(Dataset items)
-- ===== src/Prelude/Lists.antt =====
-- Lists measured by native numbers, searched by Boolean tests, and predicates by recursion.
use Prim.Native.Nat.{ℕ, zero, suc, ◌+◌, ◌≤◌}
use mathlib.Core.Path.{◌≡◌, refl, ap, ◌∙◌}
use mathlib.Core.HLevel.{×_prop}
use mathlib.Core.Logic.Or
use mathlib.Core.Logic.{inl, inr}
use mathlib.Core.Bool.{Bool-set, Bool, true, false, ◌&&◌, ◌||◌}
use mathlib.Core.List.{Mem, Mem-prop, mem-cons, not-mem-nil, List, [], ◌∷◌, ◌++◌, map}
use mathlib.Core.Option.{Option, none, some}
use native.Mathlib.Omega.{arith}
use socket_scan_patterns.Prelude.Tests.{if◌then◌else◌, Bool-cases}

module _ {ℓ} {A : Type ℓ} where
  abbrev pub length : List A → ℕ
  length [] = 0
  length (x ∷ xs) = suc (length xs)

  abbrev pub take : ℕ → List A → List A
  take zero xs = []
  take (suc n) [] = []
  take (suc n) (x ∷ xs) = x ∷ take n xs

  abbrev pub drop : ℕ → List A → List A
  drop zero xs = xs
  drop (suc n) [] = []
  drop (suc n) (x ∷ xs) = drop n xs

  abbrev pub get_elem? : List A → ℕ → Option A
  get_elem? [] i = none
  get_elem? (x ∷ xs) zero = some x
  get_elem? (x ∷ xs) (suc i) = get_elem? xs i

  -- `xs.filter(p)`
  abbrev pub keep : (A → Bool) → List A → List A
  keep p [] = []
  keep p (x ∷ xs) = let rest = keep p xs in if p x then x ∷ rest else rest

  -- `xs.find(p)`
  abbrev pub find : (A → Bool) → List A → Option A
  find p [] = none
  find p (x ∷ xs) = let rest = find p xs in if p x then some x else rest

  abbrev pub every : (A → Bool) → List A → Bool
  every p [] = true
  every p (x ∷ xs) = p x && every p xs

  abbrev pub some_of : (A → Bool) → List A → Bool
  some_of p [] = false
  some_of p (x ∷ xs) = p x || some_of p xs

  pub length-append : (xs ys : List A) → length (xs ++ ys) ≡ length xs + length ys
  length-append [] ys = omega arith
  length-append (x ∷ xs) ys = omega (arith, length-append xs ys)

  pub length-keep-le : (p : A → Bool) (xs : List A) → length (keep p xs) ≤ length xs
  length-keep-le p [] = omega arith
  length-keep-le p (x ∷ xs) = ground (arith, length-keep-le p xs)

pub length-map {ℓ κ} :
    {A : Type ℓ} {B : Type κ} (f : A → B) (xs : List A) → length (map f xs) ≡ length xs
length-map f [] = refl
length-map f (x ∷ xs) = omega (arith, length-map f xs)

module _ {ℓ κ} {A : Type ℓ} (P : A → Type κ) where
  abbrev pub All : List A → Type κ
  All [] = Unit
  All (x ∷ xs) = P x × All xs

  pub All-append : (xs ys : List A) → All xs → All ys → All (xs ++ ys)
  All-append [] ys h k = k
  All-append (x ∷ xs) ys (p, h) k = (p, All-append xs ys h k)

  pub All-map {μ} : {B : Type μ} (f : B → A) (xs : List B) → ((b : B) → P (f b)) → All (map f xs)
  All-map f [] h = tt
  All-map f (x ∷ xs) h = (h x, All-map f xs h)

  pub All-of : ((a : A) → P a) → (xs : List A) → All xs
  All-of h [] = tt
  All-of h (x ∷ xs) = (h x, All-of h xs)

-- the members of a filtered list
module _ {ℓ} {A : Type ℓ} (p : A → Bool) where
  pub keep→Mem : (a : A) (xs : List A) → Mem a (keep p xs) → Mem a xs × (p a ≡ true)
  keep→Mem a [] m = absurd (not-mem-nil m)
  keep→Mem a (x ∷ xs) m = elim (Bool-cases (p x)) [
    | inl kept ↦
        Or.elim (×_prop Mem-prop (Bool-set _ _)) (mem-cons.0 (rw kept at m))
          (λ e. (mem-cons.1 (Or.inl e), ap p e ∙ kept))
          (λ n. let (there, holds) = keep→Mem a xs n in (mem-cons.1 (Or.inr there), holds))
    | inr dropped ↦
        let (there, holds) = keep→Mem a xs (rw dropped at m) in (mem-cons.1 (Or.inr there), holds)
  ]

  pub Mem→keep : (a : A) (xs : List A) → Mem a xs → p a ≡ true → Mem a (keep p xs)
  Mem→keep a [] m h = absurd (not-mem-nil m)
  Mem→keep a (x ∷ xs) m h = elim (Bool-cases (p x)) [
    | inl kept ↦ rw kept (
        Or.elim Mem-prop (mem-cons.0 m) (λ e. mem-cons.1 (Or.inl e))
          (λ n. mem-cons.1 (Or.inr (Mem→keep a xs n h))))
    | inr dropped ↦
        rw dropped
          (Or.elim Mem-prop (mem-cons.0 m) (λ e. cc (ap p e, h, dropped)) (λ n. Mem→keep a xs n h))
  ]
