-- ===== src/Text.antt =====
-- Strings of the program: ECMAScript strings are sequences of UTF-16 code units, so a text is a
-- list of numbers, and each function below is the String method named above it.
pub mod Order
pub mod Equality
pub mod Lines
pub mod Numbers
use Prim.Native.Char.{code}
use Prim.Native.String.{String}
use socket_scan_patterns.Prelude.{
  ℕ, suc, ◌<◌, Bool, true, false, ◌&&◌, ◌||◌, List, [], ◌∷◌, ◌++◌, Option, none, some, ◌==◌, leb,
  if◌then◌else◌,
}

abbrev pub Text : Type 0
Text = List ℕ

-- a literal of the source; all of them are ASCII, where code points and code units agree
abbrev pub codes : String → Text
codes String.[] = []
codes (String.◌∷◌ c s) = code c ∷ codes s

-- `a === b`
unfoldable pub text_eq : Text → Text → Bool
text_eq [] [] = true
text_eq (a ∷ as') (b ∷ bs) = a == b && text_eq as' bs
text_eq _ _ = false

-- `s.startsWith(p)`, written `starts_with p s`
unfoldable pub starts_with : Text → Text → Bool
starts_with [] s = true
starts_with (p ∷ ps) [] = false
starts_with (p ∷ ps) (c ∷ cs) = p == c && starts_with ps cs

-- `s.endsWith(p)`, written `ends_with p s`
unfoldable pub ends_with : Text → Text → Bool
unfolding text_eq
ends_with p [] = text_eq p []
ends_with p (c ∷ cs) = text_eq p (c ∷ cs) || ends_with p cs

-- `s.includes(p)`, written `includes p s`
unfoldable pub includes : Text → Text → Bool
unfolding starts_with
includes p [] = starts_with p []
includes p (c ∷ cs) = starts_with p (c ∷ cs) || includes p cs

-- what stands in `s` from the first `p` on: `s.slice(s.indexOf(p))`, and `none` for the index -1
unfoldable pub from_first : Text → Text → Option Text
unfolding starts_with
from_first p [] = if starts_with p [] then some [] else none
from_first p (c ∷ cs) =
    let rest = from_first p cs in if starts_with p (c ∷ cs) then some (c ∷ cs) else rest

-- the white space of `trim` and of `\s`
unfoldable pub is_space : ℕ → Bool
is_space c =
    (leb 9 c && leb c 13)
    || c == 32
    || c == 0xa0
    || c == 0x1680
    || (leb 0x2000 c && leb c 0x200a)
    || c == 0x2028
    || c == 0x2029
    || c == 0x202f
    || c == 0x205f
    || c == 0x3000
    || c == 0xfeff

-- `s.trimStart()`
unfoldable pub trim_start : Text → Text
unfolding is_space
trim_start [] = []
trim_start (c ∷ cs) = let rest = trim_start cs in if is_space c then rest else c ∷ cs

trim_end_onto : Bool → ℕ → Text → Text
trim_end_onto true c [] = []
trim_end_onto _ c rest = c ∷ rest

-- `s.trimEnd()`
unfoldable pub trim_end : Text → Text
unfolding is_space trim_end_onto
trim_end [] = []
trim_end (c ∷ cs) = trim_end_onto (is_space c) c (trim_end cs)

-- `s.trim()`
unfoldable pub trim : Text → Text
unfolding trim_start trim_end
trim s = trim_start (trim_end s)

abbrev pub is_lower : ℕ → Bool
is_lower c = leb b'a' c && leb c b'z'

abbrev pub is_upper : ℕ → Bool
is_upper c = leb b'A' c && leb c b'Z'

abbrev pub is_digit : ℕ → Bool
is_digit c = leb b'0' c && leb c b'9'

abbrev pub is_letter : ℕ → Bool
is_letter c = is_lower c || is_upper c

-- `parts.join(sep)`, written `join sep parts`
unfoldable pub join : Text → List Text → Text
join sep [] = []
join sep (p ∷ []) = p
join sep (p ∷ q ∷ ps) = p ++ (sep ++ join sep (q ∷ ps))

-- `.replace(/\s+/g, ' ')`, with whether the last code unit was a space
unfoldable pub collapse_from : Bool → Text → Text
unfolding is_space
collapse_from spaced [] = []
collapse_from spaced (c ∷ cs) =
    let inside = collapse_from true cs in
    let outside = collapse_from false cs in
    if is_space c then (if spaced then inside else b' ' ∷ inside) else c ∷ outside
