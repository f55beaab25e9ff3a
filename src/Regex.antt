-- ===== src/Regex.antt =====
-- The regular expressions of the generators, run the way ECMAScript runs them: backtracking, first
-- alternative first, with captures. The patterns of the source are values of `Rx`. None of them has
-- a capture inside a repetition, so captures need no reset between rounds.
pub mod Laws
pub mod Whole
pub mod Forms
pub mod Notation
use socket_scan_patterns.Prelude.{
  ℕ, zero, suc, ◌+◌, ◌-◌, Bool, true, false, ◌&&◌, ◌||◌, List, [], ◌∷◌, ◌++◌, Option, none, some,
  ◌==◌, ltb, if◌then◌else◌, length, take,
}
use socket_scan_patterns.Text.{Text}

pub data Rx : Type 0 where
  -- nothing
  empty : Rx
  -- one code unit that passes the test
  unit : (ℕ → Bool) → Rx
  -- one after the other; one or the other
  seq alt : Rx → Rx → Rx
  -- `*`, and `*?`
  star lazy : Rx → Rx
  -- `(…)` with its number
  capture : ℕ → Rx → Rx
  -- `^` and `$` without the flag `m`
  text_start text_end : Rx
  -- `^` and `$` with the flag `m`
  line_start line_end : Rx
  -- `(?=…)`
  ahead : Rx → Rx

-- A place in the text: what stands before it, last code unit first; what follows; and the captures
-- made so far, latest first.
pub record Place : Type 0 where
  pub before : Text
  pub rest : Text
  pub captures : List (ℕ × Text)

-- what is still to be matched behind a part of the pattern
abbrev pub Next : Type 0
Next = Place → Option Place

abbrev is_line_end : ℕ → Bool
is_line_end c = c == 10 || c == 13 || c == 0x2028 || c == 0x2029

abbrev ends_line : Text → Bool
ends_line [] = true
ends_line (c ∷ cs) = is_line_end c

abbrev pub is_empty : Text → Bool
is_empty [] = true
is_empty (c ∷ cs) = false

abbrev match_unit : (ℕ → Bool) → Text → Place → Next → Option Place
match_unit test [] p k = none
match_unit test (c ∷ cs) p k =
    if test c then k (record p { before = c ∷ p.before; rest = cs }) else none

abbrev pub or_else : Option Place → Option Place → Option Place
or_else none r = r
or_else (some p) r = some p

-- Rounds of a greedy repetition, each of which must consume something. The number bounds the
-- rounds: more than the code units that are left is enough.
unfoldable pub greedy_rounds : (Place → Next → Option Place) → ℕ → Place → Next → Option Place
greedy_rounds body zero p k = k p
greedy_rounds body (suc n) p k =
    or_else
      (body p (λ q. if ltb (length q.rest) (length p.rest) then greedy_rounds body n q k else none))
      (k p)

unfoldable pub lazy_rounds : (Place → Next → Option Place) → ℕ → Place → Next → Option Place
lazy_rounds body zero p k = k p
lazy_rounds body (suc n) p k =
    or_else (k p)
      (body p (λ q. if ltb (length q.rest) (length p.rest) then lazy_rounds body n q k else none))

-- from a match of the look-ahead: its captures stay, its end does not
abbrev look : Place → Option Place → Next → Option Place
look p none k = none
look p (some q) k = k (record p { captures = q.captures })

unfoldable pub match : Rx → Place → Next → Option Place
unfolding greedy_rounds lazy_rounds
match empty p k = k p
match (unit test) p k = match_unit test p.rest p k
match (seq r s) p k = match r p (λ q. match s q k)
match (alt r s) p k = let second = match s p k in or_else (match r p k) second
match (star r) p k = greedy_rounds (match r) (suc (length p.rest)) p k
match (lazy r) p k = lazy_rounds (match r) (suc (length p.rest)) p k
match (capture n r) p k =
    match r p
      λ q. k (record q { captures = (n, take (length p.rest - length q.rest) p.rest) ∷ q.captures })
match text_start p k = if is_empty p.before then k p else none
match text_end p k = if is_empty p.rest then k p else none
match line_start p k = if ends_line p.before then k p else none
match line_end p k = if ends_line p.rest then k p else none
match (ahead r) p k = look p (match r p some) k

-- A match: where it starts and where it ends, with the captures.
pub record Match : Type 0 where
  pub start : Place
  pub end : Place

abbrev found : Place → Option Place → Option Match → Option Match
found p none later = later
found p (some q) later = some (record { start = p; end = q })

-- the leftmost match at or after a place
unfoldable pub search_from : Rx → Text → Text → Option Match
unfolding match
search_from r before [] =
    let p : Place = record { before = before; rest = []; captures = [] } in
    found p (match r p some) none
search_from r before (c ∷ cs) =
    let p : Place = record { before = before; rest = c ∷ cs; captures = [] } in
    let later = search_from r (c ∷ before) cs in found p (match r p some) later

-- `pattern.exec(text)`
unfoldable pub exec : Rx → Text → Option Match
unfolding search_from
exec r text = search_from r [] text

-- `pattern.test(text)`
unfoldable pub test : Rx → Text → Bool
unfolding exec
test r text = elim (exec r text) [ none ↦ false | some m ↦ true ]

-- The matches of a pattern with the flag `g`, one behind the other. No such pattern of the source
-- matches the empty text, so the code units bound their number.
unfoldable pub matches_from : ℕ → Rx → Text → Text → List Match
unfolding search_from
matches_from zero r before text = []
matches_from (suc n) r before text = elim (search_from r before text) [
  | none ↦ []
  | some m ↦ m ∷ matches_from n r m.end.before m.end.rest
]

-- `text.matchAll(pattern)`, and the loops that call `exec` until it returns null
unfoldable pub all_matches : Rx → Text → List Match
unfolding matches_from
all_matches r text = matches_from (suc (length text)) r [] text

abbrev capture_of : ℕ → List (ℕ × Text) → Option Text
capture_of n [] = none
capture_of n ((m, t) ∷ cs) = let rest = capture_of n cs in if m == n then some t else rest

-- `matched[n]` of a group; `none` for one that took no part
abbrev pub group_of : ℕ → Match → Option Text
group_of n m = capture_of n m.end.captures

abbrev pub text_of : Option Text → Text
text_of none = []
text_of (some t) = t

-- `matched[n]!`
abbrev pub group_text : ℕ → Match → Text
group_text n m = text_of (group_of n m)

-- `pattern.exec(text)?.[n]`
unfoldable pub exec_group : ℕ → Rx → Text → Option Text
unfolding exec
exec_group n r text = elim (exec r text) [ none ↦ none | some m ↦ group_of n m ]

### EXERCISE OBJECTIVE
Reprint exactly the lines above that start at the one with "c == 0x205f" and end at the one with "unfoldable pub trim_end : Text → Text", keeping both and adding none.

### TASK RESULT
    || c == 0x205f
    || c == 0x3000
    || c == 0xfeff

-- `s.trimStart()`
unfoldable pub trim_start : Text → Text
unfolding is_space
trim_start [] = []
trim_start (c ∷ cs) = let rest = trim_start cs in if is_space c then rest else c ∷ cs

trim_end_onto : Bool → ℕ → Text → Text
trim_end_onto true c [] = []
trim_end_onto _ c rest = c ∷ rest

-- `s.trimEnd()`
unfoldable pub trim_end : Text → Text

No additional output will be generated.